• _Exercise description_: The reply should hold only the lines from the one with "unfoldable pub configure_sender" through the end of the data, each given exactly.

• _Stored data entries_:

-- ===== src/Rtc/Sender/Setup.antt =====
-- rtc/sender.go: what `NewSender`, the `Configure…` functions and `AcceptFeedback` set up, and main.go: the
-- switch on `rtcc` in `send`. `fails` says whether the constructor of the interceptor fails; the
-- function then returns its error, which is `false` here. A started goroutine is a flag or a counter.
pub mod Sources
mod Tests
use rtq_go_endpoint.Common.{ℕ, ◌+◌, Bool, true, false, List, [], ◌∷◌, ◌++◌, if◌then◌else◌}
use rtq_go_endpoint.Scream.Ntp.{RtcpFeedback}
use rtq_go_endpoint.Session.{
  Controller, nocc, scream, scream_infer, naive_adaption, other_controller,
}

pub data Interceptor : Type 0 where
  rtp_log_interceptor : Interceptor
  scream_interceptor : Interceptor
  naive_interceptor : Interceptor

-- `defaultRTPWriterFunc` or `fbi.rtpWriterFunc`
pub data WriteRtp : Type 0 where
  default_writer : WriteRtp
  inferring_writer : WriteRtp

pub record Sender : Type 0 where
  pub write_rtp : WriteRtp
  pub rtcp_feedback : List RtcpFeedback
  pub ir : List Interceptor
  -- the goroutines: `inferFeedback` with `buffer`, `AcceptFeedback`, `runSCReAMStats`
  pub is_inferring : Bool
  pub is_accepting : Bool
  pub stats_loops : ℕ

abbrev pub new_sender : Sender
new_sender = record {
  write_rtp = default_writer;
  rtcp_feedback = [];
  ir = [];
  is_inferring = false;
  is_accepting = false;
  stats_loops = 0;
}

-- The lines that both SCReAM functions end with.
add_scream : Sender → Sender
add_scream s = record s {
  rtcp_feedback = s.rtcp_feedback ++ (record { type = "ack"; parameter = "ccfb" } ∷ []);
  ir = s.ir ++ (scream_interceptor ∷ []);
  stats_loops = s.stats_loops + 1;
}

-- The writer is replaced and the goroutines are started before the interceptor is made.
unfoldable pub configure_infering_scream_interceptor : Bool → Sender → Bool × Sender
unfolding add_scream
configure_infering_scream_interceptor fails s =
    let s' : Sender = record s { write_rtp = inferring_writer; is_inferring = true } in
    if fails then (false, s') else (true, add_scream s')

unfoldable pub configure_naive_bitrate_adaption : Bool → Sender → Bool × Sender
configure_naive_bitrate_adaption fails s =
    if fails
    then (false, s)
    else (true, record s { ir = s.ir ++ (naive_interceptor ∷ []); stats_loops = s.stats_loops + 1 })

unfoldable pub configure_scream_interceptor : Bool → Sender → Bool × Sender
unfolding add_scream
configure_scream_interceptor fails s = if fails then (false, s) else (true, add_scream s)

-- `is_nil`: whether there is no reader
unfoldable pub start_accepting : Bool → Sender → Bool × Sender
start_accepting is_nil s = if is_nil then (false, s) else (true, record s { is_accepting = true })

unfoldable pub configure_rtp_log_interceptor : Sender → Sender
configure_rtp_log_interceptor s = record s { ir = s.ir ++ (rtp_log_interceptor ∷ []) }

accept_after : Bool → Bool × Sender → Bool × Sender
accept_after is_nil (false, s) = (false, s)
accept_after is_nil (true, s) = start_accepting is_nil s

log_after : Bool × Sender → Bool × Sender
log_after (false, s) = (false, s)
log_after (true, s) = (true, configure_rtp_log_interceptor s)

-- The switch on `rtcc`, where the log of the controller could be opened and, for `scream-infer`, the
-- writer is an `AckingRTPWriter`.
choose : Controller → Bool → Bool → Sender → Bool × Sender
choose scream fails is_nil s = accept_after is_nil (configure_scream_interceptor fails s)
choose scream_infer fails is_nil s = configure_infering_scream_interceptor fails s
choose naive_adaption fails is_nil s = configure_naive_bitrate_adaption fails s
choose nocc fails is_nil s = (true, s)
choose other_controller fails is_nil s = (true, s)

unfoldable pub configure_sender : Controller → Bool → Bool → Bool × Sender
unfolding accept_after log_after choose
configure_sender rtcc fails is_nil = log_after (choose rtcc fails is_nil new_sender)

• _Finished task_:
unfoldable pub configure_sender : Controller → Bool → Bool → Bool × Sender
unfolding accept_after log_after choose
configure_sender rtcc fails is_nil = log_after (choose rtcc fails is_nil new_sender)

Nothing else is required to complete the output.